I loved horses ever since I saw and ridden when I was about 8 years old:wink:
But because of School and city living I was not able to do riding until this year
I hope it's not too late for me to start. Love love riding. I am taking lessons right now and I am so hooked. 
I am so happy I found this forum.


----------



## Zeke (Jun 27, 2010)

Hey! I'm in San Diego too so I just had to stop by and say hi 

No worries, it's never too late to start! Good luck with lessons.
_Posted via Mobile Device_


----------



## SpiritedLittleCopperSpots (Mar 4, 2010)

Hello and welcome! 
See you around the forum....


----------



## luxurylife88 (Apr 3, 2011)

^ thank you!
~Hugs~


----------



## SMCLeenie (Mar 3, 2011)

Yey for California, its never too late to start ridding welcome to the forum!


----------



## JackofDiamonds (Aug 31, 2010)

Welcome!! Its a great forum to be on, im sure you will figure that out on your own though!
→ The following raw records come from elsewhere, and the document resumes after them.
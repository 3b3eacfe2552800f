-- ===== src/Execution/Plugins/Collected.antt =====
-- What the plugins that are switched on propose, and what becomes of it in a decision.
use aimos.Prelude.{
  ◌≡◌, refl, ap, ◌∙◌, subst, inl, inr, String, Bool, true, false, Option, some, List, [], ◌∷◌, ◌++◌,
  arith, All, All-append, On, absent, present, On-some, Option-cases, Bool-cases,
}
use aimos.Prelude.Floats.{Floats}
use aimos.Schemas.{TradePlan, MarketUnderstanding, ExecContext}
use aimos.Execution.Decide.{Plugin, collect}
use aimos.Execution.Plugins.{can_trade, risk_off}
use aimos.Execution.Plugins.Trend.{TrendCfg, PullbackCfg}
use aimos.Execution.Plugins.Range.{BreakoutCfg, MeanReversionCfg}
use aimos.Execution.Plugins.Contrarian.{DcaCfg, FundingCfg}
use aimos.Execution.Plugins.Arb.{ArbCfg, ScalpCfg}
use aimos.Execution.Plugins.Contract.{
  trades_in, IsProposal, IsPriced, trend_following-IsPriced, pullback-IsPriced,
  breakout_trade-IsPriced, mean_reversion-IsPriced, smart_dca-IsPriced, funding_rate-IsPriced,
  cross_exchange_arb-IsPriced, momentum_scalp-IsPriced,
}
use aimos.Execution.Plugins.Build.{
  PluginCfgs, added, build_plugins, risk_off_plugin, trend_following_plugin, pullback_plugin,
  breakout_plugin, mean_reversion_plugin, smart_dca_plugin, funding_rate_plugin,
  cross_exchange_arb_plugin, momentum_scalp_plugin,
}

module _ {F : Type 0} ⦃fl : Floats F⦄ (mu : MarketUnderstanding F) (ctx : ExecContext F) where
  abbrev IsSound : Plugin F → Type 0
  IsSound pl =
      pl.can_trade mu ≡ true
      → (p : TradePlan F) → pl.propose mu ctx ≡ some (some p)
      → IsProposal mu p

  priced-IsProposal :
      (plugin : String) (p : TradePlan F)
      → trades_in plugin mu.regime ≡ true
      → IsPriced mu plugin p
      → IsProposal mu p
  priced-IsProposal plugin p e (unsized, symbol, named, entry, stop, target) = record {
    unsized = unsized;
    same_symbol = symbol;
    in_regime = ap (λ n. trades_in n mu.regime) named ∙ e;
    levels = inr (entry, stop, target);
  }

  some-some : (o : Option (TradePlan F)) (p : TradePlan F) → some o ≡ some (some p) → o ≡ some p
  some-some o p h = ground (arith, h)

  trend_following_plugin-IsSound : (cfg : TrendCfg F) → IsSound (trend_following_plugin cfg)
  unfolding can_trade
  trend_following_plugin-IsSound cfg ready p e =
      priced-IsProposal "TrendFollowing" p (ground (arith, ready))
        (trend_following-IsPriced mu ctx cfg p (some-some _ p e))

  pullback_plugin-IsSound : (cfg : PullbackCfg F) → IsSound (pullback_plugin cfg)
  unfolding can_trade
  pullback_plugin-IsSound cfg ready p e =
      priced-IsProposal "Pullback" p (ground (arith, ready))
        (pullback-IsPriced mu ctx cfg p (some-some _ p e))

  breakout_plugin-IsSound : (cfg : BreakoutCfg F) → IsSound (breakout_plugin cfg)
  unfolding can_trade
  breakout_plugin-IsSound cfg ready p e =
      priced-IsProposal "Breakout" p (ground (arith, ready))
        (breakout_trade-IsPriced mu ctx cfg p (some-some _ p e))

  mean_reversion_plugin-IsSound : (cfg : MeanReversionCfg F) → IsSound (mean_reversion_plugin cfg)
  unfolding can_trade
  mean_reversion_plugin-IsSound cfg ready p e =
      priced-IsProposal "MeanReversion" p (ground (arith, ready))
        (mean_reversion-IsPriced mu ctx cfg p (some-some _ p e))

  smart_dca_plugin-IsSound : (cfg : DcaCfg F) → IsSound (smart_dca_plugin cfg)
  unfolding can_trade
  smart_dca_plugin-IsSound cfg ready p e =
      priced-IsProposal "SmartDCA" p (ground (arith, ready)) (smart_dca-IsPriced mu ctx cfg p e)

  funding_rate_plugin-IsSound : (cfg : FundingCfg F) → IsSound (funding_rate_plugin cfg)
  unfolding can_trade
  funding_rate_plugin-IsSound cfg ready p e =
      priced-IsProposal "FundingRate" p (ground (arith, ready))
        (funding_rate-IsPriced mu ctx cfg p (some-some _ p e))

  cross_exchange_arb_plugin-IsSound : (cfg : ArbCfg F) → IsSound (cross_exchange_arb_plugin cfg)
  unfolding can_trade
  cross_exchange_arb_plugin-IsSound cfg ready p e =
      priced-IsProposal "CrossExchangeArb" p (ground (arith, ready))
        (cross_exchange_arb-IsPriced mu ctx cfg p (some-some _ p e))

  momentum_scalp_plugin-IsSound : (cfg : ScalpCfg F) → IsSound (momentum_scalp_plugin cfg)
  unfolding can_trade
  momentum_scalp_plugin-IsSound cfg ready p e =
      priced-IsProposal "MomentumScalp" p (ground (arith, ready))
        (momentum_scalp-IsPriced mu ctx cfg p (some-some _ p e))

  risk_off_plugin-IsSound : IsSound risk_off_plugin
  risk_off_plugin-IsSound _ p e =
      let same : risk_off mu ≡ p = ground (arith, some-some (some (risk_off mu)) p e) in
      subst (IsProposal mu) same
        (record { unsized = refl; same_symbol = refl; in_regime = refl; levels = inl refl })

  added-All :
      {A : Type 0} (P : A → Type 0) (on : Bool) (x : A) (xs : List A)
      → P x
      → All P xs
      → All P (added on x xs)
  added-All P true x xs h hs = (h, hs)
  added-All P false x xs h hs = hs

  built-IsSound : (c : PluginCfgs F) → All IsSound (build_plugins c)
  unfolding build_plugins
  built-IsSound c = added-All IsSound c.risk_off_enabled risk_off_plugin _ risk_off_plugin-IsSound (
      added-All IsSound c.trend_following_cfg.enabled
        (trend_following_plugin c.trend_following_cfg.cfg) _
        (trend_following_plugin-IsSound c.trend_following_cfg.cfg)
        (added-All IsSound c.pullback_cfg.enabled (pullback_plugin c.pullback_cfg.cfg) _
          (pullback_plugin-IsSound c.pullback_cfg.cfg)
          (added-All IsSound c.breakout_cfg.enabled (breakout_plugin c.breakout_cfg.cfg) _
            (breakout_plugin-IsSound c.breakout_cfg.cfg)
            (added-All IsSound c.mean_reversion_cfg.enabled
              (mean_reversion_plugin c.mean_reversion_cfg.cfg) _
              (mean_reversion_plugin-IsSound c.mean_reversion_cfg.cfg)
              (added-All IsSound c.smart_dca_cfg.enabled (smart_dca_plugin c.smart_dca_cfg.cfg) _
                (smart_dca_plugin-IsSound c.smart_dca_cfg.cfg)
                (added-All IsSound c.funding_rate_cfg.enabled
                  (funding_rate_plugin c.funding_rate_cfg.cfg) _
                  (funding_rate_plugin-IsSound c.funding_rate_cfg.cfg)
                  (added-All IsSound c.cross_exchange_arb_cfg.enabled
                    (cross_exchange_arb_plugin c.cross_exchange_arb_cfg.cfg) _
                    (cross_exchange_arb_plugin-IsSound c.cross_exchange_arb_cfg.cfg)
                    (added-All IsSound c.scalp_cfg.enabled (momentum_scalp_plugin c.scalp_cfg.cfg) _
                      (momentum_scalp_plugin-IsSound c.scalp_cfg.cfg) (tt)))))))))

  collect-All :
      (plugins : List (Plugin F)) (candidates : List (TradePlan F))
      → All IsSound plugins
      → All (IsProposal mu) candidates
      → On (All (IsProposal mu)) (collect plugins mu ctx candidates)
  unfolding collect
  collect-All [] candidates _ h = present h
  collect-All (pl ∷ ps) candidates sound h = elim (Bool-cases (pl.can_trade mu)) [
    | inr shut ↦ rw (shut) (collect-All ps candidates sound.1 h)
    | inl ready ↦ elim (Option-cases (pl.propose mu ctx)) [
      | inl e ↦ rw (ready, e) absent
      | inr (proposal, e) ↦ elim (Option-cases proposal) [
        | inl n ↦ rw (ready, e, n) (collect-All ps candidates sound.1 h)
        | inr (p, same) ↦
            rw (ready, e, same)
              (collect-All ps (candidates ++ p ∷ []) sound.1 (
                All-append (IsProposal mu) candidates (p ∷ []) h
                  (sound.0 ready p (e ∙ ap some same), tt)))
      ]
    ]
  ]

  -- Each plan that the plugins propose for an understanding has no size yet, is about its symbol, and
  -- comes from a plugin that may trade in its regime; it trades nothing or has an entry, a stop and a
  -- target.
  pub collect-IsProposal :
      (c : PluginCfgs F) (candidates : List (TradePlan F))
      → collect (build_plugins c) mu ctx [] ≡ some candidates
      → All (IsProposal mu) candidates
  collect-IsProposal c candidates h =
      On-some (collect-All (build_plugins c) [] (built-IsSound c) tt) h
I went to San Diego a few years back, its beautiful.... Whats the horses name you ride?

JackofDiamonds


----------



## luxurylife88 (Apr 3, 2011)

Thank you Zeke! Hope I can watch you ride soon.
*THANK YOU to you Spiritedlittlecopperspots, SMCleenie and JackofDiamonds!
*


----------



## luxurylife88 (Apr 3, 2011)

JackofDiamonds said:


> Welcome!! Its a great forum to be on, im sure you will figure that out on your own though! I went to San Diego a few years back, its beautiful.... Whats the horses name you ride?
> 
> JackofDiamonds


Oh the lovely owner at the ranch is making me ride the mighty Oscar. Love love him. smooth, easy and he takes care of me :lol:
I love San Diego. This is my home.


----------



## luxurylife88 (Apr 3, 2011)

Hey Zeke! Hope we can ride together someday.


----------



## Zeke (Jun 27, 2010)

I dont ride much sadly, I'm horseless 
_Posted via Mobile Device_


----------



## gaelgirl (Mar 3, 2011)

Welcome to the forum!
I'm from CA but waaaaaaaaaay north of you.


----------



## Horsesdontlie (Mar 11, 2011)

Welcome to the forum. I'm from North County so about 45 minutes north of SD.


----------



## luxurylife88 (Apr 3, 2011)

^ sending some hugs over there to your side!


----------



## Katesrider011 (Oct 29, 2010)

Welcome to the forum!


----------



## luxurylife88 (Apr 3, 2011)

^ Thank you!


----------